[[ EXTRACTED RECORDS open ]]

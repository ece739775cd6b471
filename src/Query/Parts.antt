-- ===== src/Query/Parts.antt =====
-- The parts of a multipart upload.
use cloud_sdk_go.Base.{
  ℕ, zero, suc, ◌+◌, ◌≤◌, ◌<◌, ◌≡◌, refl, sym, ap, ◌∙◌, inl, inr, none, List, [], ◌∷◌, ◌++◌, All,
  arith, length, take, drop, ltb, ◌==◌, Bool-cases, ok, err,
}
use cloud_sdk_go.Query.Types.{Limits}
use cloud_sdk_go.Query.Upload.{too_large, read_parts}

abbrev pub join : List (List ℕ) → List ℕ
join [] = []
join (p ∷ ps) = p ++ join ps

take-drop : (n : ℕ) (xs : List ℕ) → take n xs ++ drop n xs ≡ xs
take-drop zero xs = refl
take-drop (suc n) [] = refl
take-drop (suc n) (x ∷ xs) = ap (λ ys. x ∷ ys) (take-drop n xs)

length-take-drop : (n : ℕ) (xs : List ℕ) → length (take n xs) + length (drop n xs) ≡ length xs
length-take-drop zero xs = omega arith
length-take-drop (suc n) [] = omega arith
length-take-drop (suc n) (x ∷ xs) = omega (arith, length-take-drop n xs)

length-take-le : (n : ℕ) (xs : List ℕ) → length (take n xs) ≤ n
length-take-le zero xs = omega arith
length-take-le (suc n) [] = omega arith
length-take-le (suc n) (x ∷ xs) = omega (arith, length-take-le n xs)

length-take-pos : (n : ℕ) (xs : List ℕ) → 0 < n → 0 < length xs → 0 < length (take n xs)
length-take-pos zero xs a b = absurd (omega arith)
length-take-pos (suc n) [] a b = absurd (omega arith)
length-take-pos (suc n) (x ∷ xs) a b = omega arith

-- A part that is uploaded.
abbrev pub IsPart : ℕ → List ℕ → Type 0
IsPart size part = (0 < length part) × (length part ≤ size)

empty_eq : (xs : List ℕ) → length xs ≡ 0 → xs ≡ []
empty_eq [] e = refl
empty_eq (x ∷ xs) e = absurd (omega arith)

module _ (limits : Limits) (size_pos : 0 < limits.part_size) where
  open limits use {part_size, multipart_request_object_max}

  -- With a positive part size and more fuel than bytes, as `upload_multipart` gives, a body
  -- within the limit comes apart into parts that join to the body, none of them empty or longer
  -- than the part size, and no error is returned.
  pub read_parts-join :
      (fuel total : ℕ) (bytes : List ℕ)
      → length bytes < fuel
      → total + length bytes ≤ multipart_request_object_max
      → let (parts, end) = read_parts limits fuel none total bytes in
        (end ≡ ok tt) × (join parts ≡ bytes) × All (IsPart part_size) parts
  unfolding read_parts
  read_parts-join zero total bytes f b = absurd (omega arith)
  read_parts-join (suc fuel) total bytes f b =
      let part = take part_size bytes in
      let rest = drop part_size bytes in
      let lengths = length-take-drop part_size bytes in
      let bound = length-take-le part_size bytes in
      elim (Bool-cases (length part == 0)) [
        | inl e ↦
            rw e (refl, sym (empty_eq bytes (ground (arith, length-take-pos part_size bytes))), tt)
        | inr e ↦ elim (Bool-cases (ltb multipart_request_object_max (total + length part))) [
          | inl x ↦ absurd (ground arith)
          | inr x ↦
              let ih =
                read_parts-join fuel (total + length part) rest (ground arith) (ground arith) in
              rw (e, x)
                (
                  ih.0,
                  ap (λ ps. part ++ ps) ih.1 ∙ take-drop part_size bytes,
                  ((ground arith, bound), ih.2),
                )
        ]
      ]

  -- With a positive part size and more fuel than bytes, a body beyond the limit is refused as too
  -- large.
  pub read_parts-too_large :
      (fuel total : ℕ) (bytes : List ℕ)
      → length bytes < fuel
      → total ≤ multipart_request_object_max
      → multipart_request_object_max < total + length bytes
      → (read_parts limits fuel none total bytes).1 ≡ err too_large
  unfolding read_parts
  read_parts-too_large zero total bytes f t b = absurd (omega arith)
  read_parts-too_large (suc fuel) total bytes f t b = ground (
    arith,
    length-take-drop part_size bytes,
    length-take-pos part_size bytes,
    read_parts-too_large fuel (total + length (take part_size bytes)) (drop part_size bytes),
  )
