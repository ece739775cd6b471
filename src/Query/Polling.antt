-- ===== src/Query/Polling.antt =====
-- The pauses between polls.
use cloud_sdk_go.Base.{ℕ, ◌*◌, ◌≤◌, ◌≡◌, List, [], ◌∷◌, arith, min}
use cloud_sdk_go.Query.Types.{QueryResponse, failed, replied, Poll, cancelled, polled, Limits}
use cloud_sdk_go.Query.Defs.{next_pause, poll_status}

-- The pauses from a first one on: each doubles the one before, up to the limit.
abbrev pub IsBackoff : ℕ → ℕ → List ℕ → Type 0
IsBackoff limit pause [] = Unit
IsBackoff limit pause (p ∷ ps) =
    (p ≡ pause) × (p ≤ limit) × IsBackoff limit (min (pause * 2) limit) ps

next_pause-min :
    (limits : Limits) (pause : ℕ)
    → pause ≤ limits.status_poll_time_max
    → next_pause limits pause ≡ min (pause * 2) limits.status_poll_time_max
unfolding next_pause
next_pause-min limits pause h = ground arith

-- Whatever the polls return, the pauses begin with the given one, double from one to the next and
-- never pass the limit, if the first does not.
pub poll_status-IsBackoff :
    (limits : Limits) (pause : ℕ) (polls : List Poll) (resp : QueryResponse)
    → pause ≤ limits.status_poll_time_max
    → IsBackoff limits.status_poll_time_max pause (poll_status limits pause polls resp).0
unfolding poll_status
poll_status-IsBackoff limits pause [] resp h = ground arith
poll_status-IsBackoff limits pause (cancelled e ∷ polls) resp h = ground arith
poll_status-IsBackoff limits pause (polled (failed e) ∷ polls) resp h = ground arith
poll_status-IsBackoff limits pause (polled (replied status new) ∷ polls) resp h =
    let next = next_pause-min limits pause h in
    let ih = poll_status-IsBackoff limits (next_pause limits pause) polls new (omega arith) in
    ground arith
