-- ===== src/Buffer/Sound.antt =====
-- What is asked of DataFusion for the buffer's theorems, and rules for the calls.
use potatodb.Prelude.{ℕ, ◌≡◌, ◌≢◌, subst, String, true, Option, none, some, List, [], ◌++◌}
use potatodb.Prelude.HashMap.{HashMap, get}
use potatodb.Catalog.State.{Catalog}
use potatodb.Buffer.State.{
  Env, BufferedInsert, Db, Reply, done, failed, ◌>>=◌, ConstraintValidationPhase, total,
}

-- What a table holds: a write that returns Ok puts the batches to it; in what order the rows are kept is left open. The other calls change no table's rows,
-- and drop no table.
pub record Sound (e : Env) : Type 1 where
  pub Content : Type 0
  pub content : e.World → String → Content
  pub put : Content → Option (List String) → List e.ipc.Batch → Content
  pub put-append :
      (c : Content) (columns : Option (List String)) (xs ys : List e.ipc.Batch)
      → put (put c columns xs) columns ys ≡ put c columns (xs ++ ys)
  pub put_empty :
      (c : Content) (columns : Option (List String)) (xs : List e.ipc.Batch)
      → total e.num_rows xs ≡ 0
      → put c columns xs ≡ c
  pub content-write :
      (tmp : ℕ) (table : String) (columns : Option (List String)) (xs : List e.ipc.Batch)
      (c : Catalog) (w : e.World)
      → (e.write tmp table columns xs c w).1 ≡ true
      → content (e.write tmp table columns xs c w).0 table ≡ put (content w table) columns xs
  pub content-write_other :
      (tmp : ℕ) (table : String) (columns : Option (List String)) (xs : List e.ipc.Batch)
      (c : Catalog) (w : e.World) (t : String)
      → table ≢ t
      → content (e.write tmp table columns xs c w).0 t ≡ content w t
  pub content-validate :
      (phase : ConstraintValidationPhase) (table : String) (columns : List String)
      (xs : List e.ipc.Batch) (c : Catalog) (w : e.World) (t : String)
      → content (e.validate phase table columns xs c w).0 t ≡ content w t
  pub content-merge :
      (merges : e.Merges) (w : e.World) (t : String) → content (e.merge merges w) t ≡ content w t
  pub content-refresh :
      (table : String) (c : Catalog) (w : e.World) (t : String)
      → content (e.refresh table c w).1 t ≡ content w t
  pub content-compact :
      (table : String) (c : Catalog) (w : e.World) (t : String)
      → content (e.compact table c w).1 t ≡ content w t
  pub tables-refresh :
      (table : String) (c : Catalog) (w : e.World) (t : String)
      → get (e.refresh table c w).0.tables t ≡ none
      → get c.tables t ≡ none
  pub tables-compact :
      (table : String) (c : Catalog) (w : e.World) (t : String)
      → get (e.compact table c w).0.tables t ≡ none
      → get c.tables t ≡ none

module _ {e : Env} where
  -- Where a call returns Ok, the state that it leaves has the property.
  abbrev pub Ends : {A : Type 0} → (Db e → Type 0) → Reply e A → Type 0
  Ends P (done a d) = P d
  Ends P (failed d) = Unit {0}

  pub Ends-bind :
      {A B : Type 0} (P Q : Db e → Type 0) (m : Reply e A) (f : A → Db e → Reply e B)
      → Ends P m
      → ((a : A) (d : Db e) → P d → Ends Q (f a d))
      → Ends Q (m >>= f)
  Ends-bind P Q (done a d) f h k = k a d h
  Ends-bind P Q (failed d) f h k = tt

  pub Ends-done :
      {A : Type 0} (P : Db e → Type 0) (m : Reply e A) (a : A) (d : Db e)
      → Ends P m
      → m ≡ done a d
      → P d
  Ends-done P m a d h q = subst (Ends P) q h

  abbrev pub batches_in : Option (BufferedInsert e) → List e.ipc.Batch
  batches_in none = []
  batches_in (some entry) = entry.batches

  -- The batches that are buffered for a table.
  abbrev pub buffered : HashMap (BufferedInsert e) → String → List e.ipc.Batch
  buffered buffer t = batches_in (get buffer t)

[[ EXTRACTED RECORDS closed ]]

**EXERCISE GOAL**
Taking the line with "pause polls resp).0" as the first and the line with "poll_status-IsBackoff limits pause (cancelled" as the last, retype that stretch of the data above exactly, with no other lines.

**COMPLETED EXERCISE**
    → IsBackoff limits.status_poll_time_max pause (poll_status limits pause polls resp).0
unfolding poll_status
poll_status-IsBackoff limits pause [] resp h = ground arith
poll_status-IsBackoff limits pause (cancelled e ∷ polls) resp h = ground arith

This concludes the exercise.